Required work: Every line from the one containing "named path f" to the one containing "unfoldable pub write_bytes : List ℕ → M D ℕ" in the records below, both included, must be set down exactly, and no other line.

(Collected data entries)
-------

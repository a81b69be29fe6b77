-- ===== src/Fat/Files.antt =====
-- kernel/fs/fat.c: the operations on files and directories. `fuel` bounds the walks along chains of
-- clusters.
use gnuwindows.Base.{
  ℕ, zero, suc, ◌+◌, ◌-◌, ◌/◌, ◌%◌, ◌^◌, min, Bool, true, false, Option, none, some, List, ◌==◌,
  ltb, leb, if◌then◌else◌, ◌&&◌, ◌||◌, not, length, text, Memory, write8, write16, write32, fill,
}
use gnuwindows.Fat.Disk.{
  done, hangs, ◌>>=◌, ◌>>◌, pure, give_up, when_ok, attempt, Disk, M, set_sector, get_state,
  cluster_to_lba, read_abs, write_abs, flush_disk,
}
use gnuwindows.Fat.Names.{to_83, put_bytes}
use gnuwindows.Fat.Table.{is_cluster, fat_get, fat_alloc_cluster, fat_free_chain}
use gnuwindows.Fat.Entries.{Entry, zero_sector, dir_find, dir_alloc_slot}
use gnuwindows.Fat.Walk.{resolve_parent, resolve_full}
use gnuwindows.Fat.Chain.{is_empty, write_chain, read_chain}

-- the first cluster of an entry at `at`: two halves
unfoldable pub put_cluster : ℕ → ℕ → Memory → Memory
put_cluster at cl m = write16 (at + 20) (cl / 2 ^ 16) (write16 (at + 26) cl m)

-- a new entry with the attributes `attr`
unfoldable pub new_entry : ℕ → List ℕ → ℕ → ℕ → ℕ → Memory → Memory
new_entry at name attr cl size m =
    write32 (at + 28) size
      (put_cluster at cl (write8 (at + 11) attr (put_bytes at (to_83 name) (fill 32 at 0 m))))

-- the sector with '.' and '..' of a new directory
unfoldable pub dot_entries : ℕ → ℕ → Memory
dot_entries cl parent = put_cluster 32 parent (
    write8 (32 + 11) 0x10 (
      put_bytes 32 (text "..         ")
        (put_cluster 0 cl (write8 11 0x10 (put_bytes 0 (text ".          ") zero_sector)))))

-- the largest file, 512 * 64
abbrev pub max_length : ℕ
max_length = 32768

-- What the loop that looks for other entries than '.' and '..' finds in a sector.
pub data Rest : Type 0 where
  is_end is_used goes_on : Rest

unfoldable pub is_dot_name : ℕ → Memory → Bool
is_dot_name at m =
    m at == b'.' && (m (at + 1) == b' ' || (m (at + 1) == b'.' && m (at + 2) == b' '))

unfoldable pub used_entries : ℕ → ℕ → Memory → Rest
used_entries zero at m = goes_on
used_entries (suc n) at m =
    let rest = used_entries n (at + 32) m in
    if m at == 0
    then is_end
    else if m at == 0xE5
    then rest
    else if is_dot_name at m
    then rest
    else is_used

module _ {D : Type 0} (k : Disk D) (fuel : ℕ) where
  -- The directory and the name of a path that has one, on a drive that is mounted.
  unfoldable pub named : List ℕ → M D (ℕ × List ℕ)
  named path f =
      when_ok (f.mounted && not (is_empty path))
        (resolve_parent k fuel path >>= λ r. when_ok (not (is_empty r.1)) (pure r)) f

  -- the entry at a place, from the sector on the drive and back
  unfoldable pub store_entry : ℕ × ℕ → (Memory → Memory) → M D (Unit {0})
  store_entry slot change = do
    read_abs k slot.0
    g ← get_state
    set_sector (change g.sector)
    write_abs k slot.0
    flush_disk k

  -- zeros in the other sectors of a new directory
  unfoldable pub zero_sectors : ℕ → ℕ → M D (Unit {0})
  zero_sectors zero lba f = done tt f
  zero_sectors (suc n) lba f =
      (set_sector zero_sector >> (write_abs k lba >> zero_sectors n ((lba + 1) % 2 ^ 32))) f

  unfoldable pub new_dir : ℕ → List ℕ → M D (Unit {0})
  new_dir parent name = do
    cl ← fat_alloc_cluster k
    set_sector (dot_entries cl parent)
    f ← get_state
    write_abs k (cluster_to_lba f cl)
    zero_sectors (f.sec_per_cluster - 1) ((cluster_to_lba f cl + 1) % 2 ^ 32)
    slot ← dir_alloc_slot k fuel parent
    store_entry slot (new_entry slot.1 name 0x10 cl 0)

  unfoldable pub fat_mkdir : List ℕ → M D (Unit {0})
  fat_mkdir path = named path >>= λ r.
      dir_find k fuel r.0 r.1 >>= λ old. elim old [ some e ↦ give_up | none ↦ new_dir r.0 r.1 ]

  -- the bytes of a file, no more than the buffer holds
  unfoldable pub fat_read_file : List ℕ → ℕ → M D (List ℕ)
  fat_read_file path maxlen f =
      when_ok f.mounted
        (resolve_full k fuel path >>= λ t.
          when_ok (not t.is_dir)
            (read_chain k (suc (min t.size maxlen)) t.cluster (min t.size maxlen)))
        f

  -- A file that is there loses its clusters and keeps its place, which is the result.
  unfoldable pub place_for : ℕ → List ℕ → Option Entry → M D (ℕ × ℕ)
  place_for parent name none = dir_alloc_slot k fuel parent
  place_for parent name (some e) = when_ok (not e.is_dir) (
      (if leb 2 e.cluster then attempt (fat_free_chain k fuel e.cluster) else pure true)
      >> pure (e.lba, e.offset))

  unfoldable pub write_bytes : List ℕ → M D ℕ
  write_bytes src = if is_empty src then pure 0 else write_chain k (suc (length src)) none src

  unfoldable pub fat_write_file : List ℕ → List ℕ → M D ℕ
  fat_write_file path src = when_ok (not (ltb max_length (length src))) (
      named path >>= λ r. dir_find k fuel r.0 r.1 >>= λ old. place_for r.0 r.1 old >>= λ slot.
      write_bytes src >>= λ cl.
      store_entry slot (new_entry slot.1 r.1 0x20 cl (length src)) >> pure (length src))

  -- the sectors of a directory that must have no other entries
  unfoldable pub used_sectors : ℕ → ℕ → M D Rest
  used_sectors zero lba f = done goes_on f
  used_sectors (suc n) lba f =
      (read_abs k lba
          >> (get_state >>= λ g. elim (used_entries 16 0 g.sector) [
            | goes_on ↦ used_sectors n ((lba + 1) % 2 ^ 32)
            | is_end ↦ pure is_end
            | is_used ↦ give_up
          ]))
        f

  unfoldable pub check_empty : ℕ → ℕ → M D (Unit {0})
  check_empty zero cl f = hangs
  check_empty (suc n) cl f = elim (is_cluster cl) [
    | false ↦ done tt f
    | true ↦
        (used_sectors f.sec_per_cluster (cluster_to_lba f cl) >>= λ r. elim r [
          | is_end ↦ pure tt
          | is_used ↦ give_up
          | goes_on ↦ fat_get k cl >>= λ next. check_empty n next
        ])
          f
  ]

  unfoldable pub remove_entry : Entry → M D (Unit {0})
  remove_entry e = do
    if e.is_dir then check_empty fuel e.cluster else pure tt
    if leb 2 e.cluster then attempt (fat_free_chain k fuel e.cluster) else pure true
    store_entry (e.lba, e.offset) (write8 e.offset 0xE5)

  unfoldable pub fat_unlink : List ℕ → M D (Unit {0})
  fat_unlink path = named path >>= λ r.
      dir_find k fuel r.0 r.1 >>= λ old. elim old [ none ↦ give_up | some e ↦ remove_entry e ]
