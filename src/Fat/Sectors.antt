-- ===== src/Fat/Sectors.antt =====
-- kernel/fs/fat.c: the bytes of one cluster, written and read.
use gnuwindows.Base.{
  ℕ, zero, suc, ◌+◌, ◌%◌, ◌^◌, ◌≤◌, ◌<◌, ◌⊎◌, inl, inr, ◌≡◌, refl, ap, ◌∙◌, true, false, Bool-cases,
  ◌==◌, if◌then◌else◌, List, [], ◌∷◌, ◌++◌, length, length-drop, drop, Memory, arith,
}
use gnuwindows.Fat.Disk.{done, bind_done, attempt, attempt_done, Disk, Fat, read_abs, write_abs}
use gnuwindows.Fat.Entries.{zero_sector}
use gnuwindows.Fat.Chain.{
  sector_size, chunk, after_chunk, sector_of, sector_bytes, left_after, is_empty, clear_sectors,
  fill_cluster, read_cluster,
}
use gnuwindows.Fat.Drive.{Works, at, sec, written, read_abs_lem, write_abs_lem, sec-written}
use gnuwindows.Fat.Cells.{Gives}

-- what is left of some bytes once they have filled `n` sectors
unfoldable pub rest_after : ℕ → List ℕ → List ℕ
rest_after zero src = src
rest_after (suc n) src =
    let rest = rest_after n (after_chunk src) in if is_empty (after_chunk src) then [] else rest

-- `n` sectors from `lba` on begin with these bytes.
pub data Holds {D : Type 0} {k : Disk D} (w : Works k) (f : Fat D) (d : D)
    : ℕ → ℕ → List ℕ → Type 0 where
  no_sector : {lba : ℕ} {src : List ℕ} → Holds w f d 0 lba src
  last_sector :
      {n lba : ℕ} {src : List ℕ}
      → sec w f d lba ≡ sector_of (chunk src)
      → is_empty (after_chunk src) ≡ true
      → Holds w f d (suc n) lba src
  one_sector :
      {n lba : ℕ} {src : List ℕ}
      → sec w f d lba ≡ sector_of (chunk src)
      → is_empty (after_chunk src) ≡ false
      → Holds w f d n (lba + 1) (after_chunk src)
      → Holds w f d (suc n) lba src

-- what read_cluster gives of bytes that a cluster holds
unfoldable pub part : ℕ → ℕ → List ℕ → List ℕ
part zero left src = []
part (suc n) left src =
    let rest = part n (left_after left) (after_chunk src) in
    if left == 0 then [] else sector_bytes left (sector_of (chunk src)) ++ rest

pub empty_length : (p : List ℕ) → is_empty p ≡ true → length p ≡ 0
empty_length [] e = refl
empty_length (c ∷ p) e = cc e

-- only the `n` sectors from `lba` on change
abbrev pub Within : {D : Type 0} {k : Disk D} → Works k → Fat D → ℕ → ℕ → D → D → Type 0
Within w f n lba d d' = (l : ℕ) → (l < lba) ⊎ (lba + n ≤ l) → sec w f d' l ≡ sec w f d l

module _ {D : Type 0} {k : Disk D} (w : Works k) (f : Fat D) (small : w.size < 2 ^ 32) where
  pub Holds-frame :
      (d d' : D) {n lba : ℕ} {src : List ℕ}
      → ((l : ℕ) → lba ≤ l → l < lba + n → sec w f d' l ≡ sec w f d l)
      → Holds w f d n lba src
      → Holds w f d' n lba src
  Holds-frame d d' same no_sector = no_sector
  Holds-frame d d' same (last_sector {lba = lba} e l) =
      last_sector (same lba (omega arith) (omega arith) ∙ e) l
  Holds-frame d d' same (one_sector {lba = lba} e l h) =
      one_sector (same lba (omega arith) (omega arith) ∙ e) l
        (Holds-frame d d' (λ x lo hi. same x (omega arith) (omega arith)) h)

  written-Within :
      (n lba : ℕ) (s : Memory) (d : D)
      → lba < w.size
      → Within w f (suc n) lba d (written w f lba s d)
  written-Within n lba s d h l o =
      let other : (l == lba) ≡ false = ground arith in sec-written w f lba s d l h ∙ rw other refl

  written_here :
      (lba : ℕ) (s : Memory) (d : D) → lba < w.size → sec w f (written w f lba s d) lba ≡ s
  written_here lba s d h =
      let here : (lba == lba) ≡ true = ground arith in sec-written w f lba s d lba h ∙ rw here refl

  Within-step :
      (n lba : ℕ) (d d1 d2 : D)
      → Within w f (suc n) lba d d1
      → Within w f n (lba + 1) d1 d2
      → Within w f (suc n) lba d d2
  Within-step n lba d d1 d2 a b l o = b l (ground arith) ∙ a l o

  next_lba : (lba : ℕ) → lba < w.size → (lba + 1) % 2 ^ 32 ≡ lba + 1
  next_lba lba h = omega (arith, small)

  clear_sectors_lem :
      (n lba : ℕ) (s : Memory) (d : D)
      → lba + n ≤ w.size
      → Gives w f (λ s' d'. Within w f n lba d d') tt (clear_sectors k n lba (at w f s d))
  unfolding clear_sectors
  clear_sectors_lem zero lba s d h = (s, d, refl, λ l o. refl)
  clear_sectors_lem (suc n) lba s d h =
      let d1 = written w f lba zero_sector d in
      let (s2, d2, e, same) = clear_sectors_lem n (lba + 1) zero_sector d1 (omega arith) in
      (
        s2,
        d2,
        bind_done (attempt (write_abs k lba)) _ (at w f zero_sector d) (
              attempt_done (write_abs k lba) (at w f zero_sector d)
                (write_abs_lem w f lba zero_sector d (omega arith)))
            ∙ rw (next_lba lba (omega arith)) e,
        Within-step n lba d d1 d2 (written-Within n lba zero_sector d (omega arith)) same,
      )

  pub fill_cluster_lem :
      (n lba : ℕ) (src : List ℕ) (s : Memory) (d : D)
      → lba + n ≤ w.size
      → Gives w f
          (λ s' d'. Holds w f d' n lba src × Within w f n lba d d')
          (rest_after n src)
          (fill_cluster k n lba src (at w f s d))
  unfolding fill_cluster rest_after
  fill_cluster_lem zero lba src s d h = (s, d, refl, (no_sector, λ l o. refl))
  fill_cluster_lem (suc n) lba src s d h =
      let s1 = sector_of (chunk src) in
      let d1 = written w f lba s1 d in
      let wrote = write_abs_lem w f lba s1 d (omega arith) in
      let inside = written-Within n lba s1 d (omega arith) in
      elim (Bool-cases (is_empty (after_chunk src))) [
        | inl last ↦
            let (s2, d2, e, same) = clear_sectors_lem n (lba + 1) s1 d1 (omega arith) in
            (
              s2,
              d2,
              rw (last, next_lba lba (omega arith))
                  (bind_done (write_abs k lba) _ (at w f s1 d) wrote
                    ∙ bind_done (clear_sectors k n (lba + 1)) _ (at w f s1 d1) e),
              (
                last_sector (same lba (inl (omega arith)) ∙ written_here lba s1 d (omega arith))
                    last,
                Within-step n lba d d1 d2 inside same,
              ),
            )
        | inr more ↦
            let (s2, d2, e, (held, same)) =
              fill_cluster_lem n (lba + 1) (after_chunk src) s1 d1 (omega arith) in
            (
              s2,
              d2,
              rw (more, next_lba lba (omega arith))
                  (bind_done (write_abs k lba) _ (at w f s1 d) wrote ∙ e),
              (
                one_sector (same lba (inl (omega arith)) ∙ written_here lba s1 d (omega arith)) more
                    held,
                Within-step n lba d d1 d2 inside same,
              ),
            )
      ]

  read_nothing :
      (n lba : ℕ) (s : Memory) (d : D) → read_cluster k n lba 0 (at w f s d) ≡ done [] (at w f s d)
  unfolding read_cluster
  read_nothing zero lba s d = refl
  read_nothing (suc n) lba s d = refl

  part_zero : (n : ℕ) (src : List ℕ) → part n 0 src ≡ []
  unfolding part
  part_zero zero src = refl
  part_zero (suc n) src = refl

  read_step :
      (n lba left : ℕ) (src : List ℕ) (s s2 : Memory) (d : D)
      → lba < w.size
      → (left == 0) ≡ false
      → sec w f d lba ≡ sector_of (chunk src)
      → read_cluster k n (lba + 1) (left_after left) (at w f (sec w f d lba) d)
        ≡ done (part n (left_after left) (after_chunk src)) (at w f s2 d)
      → read_cluster k (suc n) lba left (at w f s d) ≡ done (part (suc n) left src) (at w f s2 d)
  unfolding read_cluster part
  read_step n lba left src s s2 d h more e rest =
      rw (more, read_cluster, next_lba lba h)
        (bind_done (read_abs k lba) _ (at w f s d) (read_abs_lem w f lba s d h)
          ∙ bind_done (read_cluster k n (lba + 1) (left_after left)) _ (at w f (sec w f d lba) d)
              rest
          ∙ ap
              (λ m.
                done (sector_bytes left m ++ part n (left_after left) (after_chunk src))
                  (at w f s2 d))
              e)

  nothing_left :
      (left : ℕ) (src : List ℕ)
      → left ≤ length src
      → is_empty (after_chunk src) ≡ true
      → left_after left ≡ 0
  unfolding left_after after_chunk
  nothing_left left src le e =
      omega (arith, length-drop sector_size src, empty_length (drop sector_size src) e)

  left_after-le :
      (left : ℕ) (src : List ℕ) → left ≤ length src → left_after left ≤ length (after_chunk src)
  unfolding left_after after_chunk
  left_after-le left src le = omega (arith, length-drop sector_size src)

  read_none :
      (n lba left : ℕ) (src : List ℕ) (s : Memory) (d : D)
      → left_after left ≡ 0
      → read_cluster k n lba (left_after left) (at w f s d)
        ≡ done (part n (left_after left) (after_chunk src)) (at w f s d)
  read_none n lba left src s d z = rw (z, part_zero n (after_chunk src)) (read_nothing n lba s d)

  pub read_cluster_lem :
      (n lba left : ℕ) (src : List ℕ) (s : Memory) (d : D)
      → lba + n ≤ w.size
      → left ≤ length src
      → Holds w f d n lba src
      → (s' : Memory) × (read_cluster k n lba left (at w f s d)
          ≡ done (part n left src) (at w f s' d))
  unfolding read_cluster part
  read_cluster_lem zero lba left src s d h le held = (s, refl)
  read_cluster_lem (suc n) lba left src s d h le (last_sector e l) = elim (Bool-cases (left == 0)) [
    | inl z ↦ (s, rw (z, read_cluster) refl)
    | inr more ↦ (
      sec w f d lba,
      read_step n lba left src s (sec w f d lba) d (omega arith) more e
          (read_none n (lba + 1) left src (sec w f d lba) d (nothing_left left src le l)),
    )
  ]
  read_cluster_lem (suc n) lba left src s d h le (one_sector e l held) =
      elim (Bool-cases (left == 0)) [
        | inl z ↦ (s, rw (z, read_cluster) refl)
        | inr more ↦
            let (s2, rest) =
              read_cluster_lem n (lba + 1) (left_after left) (after_chunk src) (sec w f d lba) d
                (omega arith) (left_after-le left src le) held in
            (s2, read_step n lba left src s s2 d (omega arith) more e rest)
      ]
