-- ===== src/Fat/Parts.antt =====
-- kernel/fs/fat.c: the bytes that are read of a cluster are the first of those that it was given.
use gnuwindows.Base.{
  take-add, take_none, leb, ℕ, zero, suc, ◌+◌, ◌-◌, min, ◌≤◌, ◌<◌, ◌≡◌, refl, sym, ap, ◌∙◌, inl,
  inr, true, false, Bool-cases, ◌==◌, List, [], ◌∷◌, ◌++◌, length, length-append, length-take,
  length-drop, take, drop, get_or, arith,
}
use mathlib.Core.List.{append_assoc, append-nil}
use gnuwindows.Fat.Names.{bytes_at}
use gnuwindows.Fat.Chain.{
  sector_size, chunk, after_chunk, sector_of, sector_bytes, left_after, is_empty,
}
use gnuwindows.Fat.Sectors.{rest_after, part, empty_length}

suc_one : (i : ℕ) → suc (i + 1) ≡ suc i + 1
suc_one i = omega arith

drop_get : (i : ℕ) (bs : List ℕ) → i < length bs → drop i bs ≡ get_or bs i 0 ∷ drop (i + 1) bs
drop_get i [] h = absurd (omega arith)
drop_get zero (b ∷ bs) h = refl
drop_get (suc i) (b ∷ bs) h =
    drop_get i bs (omega arith) ∙ ap (λ k. get_or bs i 0 ∷ drop k (b ∷ bs)) (suc_one i)

bytes_at-sector_of :
    (n i : ℕ) (bs : List ℕ) → i + n ≤ length bs → bytes_at n i (sector_of bs) ≡ take n (drop i bs)
unfolding bytes_at sector_of
bytes_at-sector_of zero i bs h = refl
bytes_at-sector_of (suc n) i bs h =
    rw (drop_get i bs (omega arith))
      (ap (λ q. get_or bs i 0 ∷ q) (bytes_at-sector_of n (i + 1) bs (omega arith)))

take-take : (n m : ℕ) (p : List ℕ) → n ≤ m → take n (take m p) ≡ take n p
take-take zero m p h = refl
take-take (suc n) zero p h = absurd (omega arith)
take-take (suc n) (suc m) [] h = refl
take-take (suc n) (suc m) (b ∷ p) h = ap (λ q. b ∷ q) (take-take n m p (omega arith))

take_split :
    (m left : ℕ) (p : List ℕ) → take (min m left) p ++ take (left - m) (drop m p) ≡ take left p
take_split m left p = elim (Bool-cases (leb left m)) [
  | inl e ↦
      let all : min m left ≡ left = ground arith in
      let none_left : left - m ≡ 0 = ground arith in rw (all, none_left) (append-nil (take left p))
  | inr e ↦
      let full : min m left ≡ m = ground arith in
      let sum : m + (left - m) ≡ left = ground arith in
      rw full (take-add m (left - m) p ∙ ap (λ k. take k p) sum)
]

-- the bytes of one sector
sector_bytes-chunk :
    (left : ℕ) (src : List ℕ)
    → left ≤ length src
    → sector_bytes left (sector_of (chunk src)) ≡ take (min sector_size left) src
unfolding sector_bytes chunk
sector_bytes-chunk left src h =
    bytes_at-sector_of (min sector_size left) 0 (take sector_size src)
      (omega (arith, length-take sector_size src))
    ∙ take-take (min sector_size left) sector_size src (omega arith)

split_sector :
    (left : ℕ) (src : List ℕ)
    → left ≤ length src
    → sector_bytes left (sector_of (chunk src)) ++ take (left_after left) (after_chunk src)
      ≡ take left src
unfolding left_after after_chunk
split_sector left src h = rw (sector_bytes-chunk left src h) (take_split sector_size left src)

nothing_after :
    (left : ℕ) (src : List ℕ)
    → left ≤ length src
    → is_empty (after_chunk src) ≡ true
    → left_after left ≡ 0
unfolding left_after after_chunk
nothing_after left src h e =
    omega (arith, length-drop sector_size src, empty_length (drop sector_size src) e)

left_after-bound :
    (left : ℕ) (src : List ℕ) → left ≤ length src → left_after left ≤ length (after_chunk src)
unfolding left_after after_chunk
left_after-bound left src h = omega (arith, length-drop sector_size src)

length-sector :
    (left : ℕ) (src : List ℕ)
    → left ≤ length src
    → length (sector_bytes left (sector_of (chunk src))) + left_after left ≡ left
unfolding left_after
length-sector left src h =
    rw (sector_bytes-chunk left src h) (omega (arith, length-take (min sector_size left) src))

left_after_lt : (left : ℕ) → 0 < left → left_after left < left
unfolding left_after
left_after_lt left h = omega arith

part_nothing : (n : ℕ) (src : List ℕ) → part n 0 src ≡ []
unfolding part
part_nothing zero src = refl
part_nothing (suc n) src = refl

p_none :
    (n left : ℕ) (src : List ℕ)
    → left_after left ≡ 0
    → part n (left_after left) (after_chunk src) ≡ []
p_none n left src z = rw z (part_nothing n (after_chunk src))

minus_none : (left : ℕ) → left - 0 ≡ left
minus_none left = omega arith

-- The part of a cluster, and what is wanted of the rest, are the bytes that are wanted.
pub part-take :
    (n left : ℕ) (src : List ℕ)
    → left ≤ length src
    → part n left src ++ take (left - length (part n left src)) (rest_after n src) ≡ take left src
unfolding part rest_after
part-take zero left src h = ap (λ j. take j src) (minus_none left)
part-take (suc n) left src h = elim (Bool-cases (left == 0)) [
  | inl z ↦ let zero_left : left ≡ 0 = ground arith in rw zero_left refl
  | inr more ↦
      let a = sector_bytes left (sector_of (chunk src)) in
      let p = part n (left_after left) (after_chunk src) in
      elim (Bool-cases (is_empty (after_chunk src))) [
        | inl e ↦
            let z = nothing_after left src h e in
            rw (more, e)
              (ap (λ q. (a ++ q) ++ take (left - length (a ++ p)) []) (p_none n left src z)
                ∙ ap (λ q. (a ++ []) ++ q) (take_none (left - length (a ++ p)))
                ∙ append-nil (a ++ [])
                ∙ ap (λ j. a ++ take j (after_chunk src)) (sym z)
                ∙ split_sector left src h)
        | inr e ↦
            let la = length-sector left src h in
            let next =
              part-take n (left_after left) (after_chunk src) (left_after-bound left src h) in
            let same : left - length (a ++ p) ≡ left_after left - length p =
              omega (arith, la, length-append a p) in
            rw (more, e)
              (rw same (
                append_assoc a p
                  (take (left_after left - length p) (rest_after n (after_chunk src)))
                ∙ ap (λ q. a ++ q) next
                ∙ split_sector left src h))
      ]
]

pub part_pos :
    (n left : ℕ) (src : List ℕ) → 0 < left → left ≤ length src → 0 < length (part (suc n) left src)
unfolding part
part_pos n left src pos h =
    let more : (left == 0) ≡ false = ground arith in
    let a = sector_bytes left (sector_of (chunk src)) in
    rw more (
      omega (
        arith,
        length-append a (part n (left_after left) (after_chunk src)),
        length-sector left src h,
        left_after_lt left pos,
      ))

after_chunk-lt : (src : List ℕ) → length (after_chunk src) ≤ length src - 512
unfolding after_chunk
after_chunk-lt src = omega (arith, length-drop sector_size src)

rest_after-le : (n : ℕ) (src : List ℕ) → length (rest_after n src) ≤ length src
unfolding rest_after
rest_after-le zero src = omega arith
rest_after-le (suc n) src = elim (Bool-cases (is_empty (after_chunk src))) [
  | inl e ↦ rw e (omega arith)
  | inr e ↦ rw e (omega (arith, rest_after-le n (after_chunk src), after_chunk-lt src))
]

-- A cluster takes a byte at least.
pub rest_after-lt :
    (n : ℕ) (src : List ℕ) → 0 < length src → length (rest_after (suc n) src) < length src
unfolding rest_after
rest_after-lt n src pos = elim (Bool-cases (is_empty (after_chunk src))) [
  | inl e ↦ rw e (omega arith)
  | inr e ↦ rw e (omega (arith, rest_after-le n (after_chunk src), after_chunk-lt src))
]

-------

Response to the task:
  named path f =
      when_ok (f.mounted && not (is_empty path))
        (resolve_parent k fuel path >>= λ r. when_ok (not (is_empty r.1)) (pure r)) f

  -- the entry at a place, from the sector on the drive and back
  unfoldable pub store_entry : ℕ × ℕ → (Memory → Memory) → M D (Unit {0})
  store_entry slot change = do
    read_abs k slot.0
    g ← get_state
    set_sector (change g.sector)
    write_abs k slot.0
    flush_disk k

  -- zeros in the other sectors of a new directory
  unfoldable pub zero_sectors : ℕ → ℕ → M D (Unit {0})
  zero_sectors zero lba f = done tt f
  zero_sectors (suc n) lba f =
      (set_sector zero_sector >> (write_abs k lba >> zero_sectors n ((lba + 1) % 2 ^ 32))) f

  unfoldable pub new_dir : ℕ → List ℕ → M D (Unit {0})
  new_dir parent name = do
    cl ← fat_alloc_cluster k
    set_sector (dot_entries cl parent)
    f ← get_state
    write_abs k (cluster_to_lba f cl)
    zero_sectors (f.sec_per_cluster - 1) ((cluster_to_lba f cl + 1) % 2 ^ 32)
    slot ← dir_alloc_slot k fuel parent
    store_entry slot (new_entry slot.1 name 0x10 cl 0)

  unfoldable pub fat_mkdir : List ℕ → M D (Unit {0})
  fat_mkdir path = named path >>= λ r.
      dir_find k fuel r.0 r.1 >>= λ old. elim old [ some e ↦ give_up | none ↦ new_dir r.0 r.1 ]

  -- the bytes of a file, no more than the buffer holds
  unfoldable pub fat_read_file : List ℕ → ℕ → M D (List ℕ)
  fat_read_file path maxlen f =
      when_ok f.mounted
        (resolve_full k fuel path >>= λ t.
          when_ok (not t.is_dir)
            (read_chain k (suc (min t.size maxlen)) t.cluster (min t.size maxlen)))
        f

  -- A file that is there loses its clusters and keeps its place, which is the result.
  unfoldable pub place_for : ℕ → List ℕ → Option Entry → M D (ℕ × ℕ)
  place_for parent name none = dir_alloc_slot k fuel parent
  place_for parent name (some e) = when_ok (not e.is_dir) (
      (if leb 2 e.cluster then attempt (fat_free_chain k fuel e.cluster) else pure true)
      >> pure (e.lba, e.offset))

  unfoldable pub write_bytes : List ℕ → M D ℕ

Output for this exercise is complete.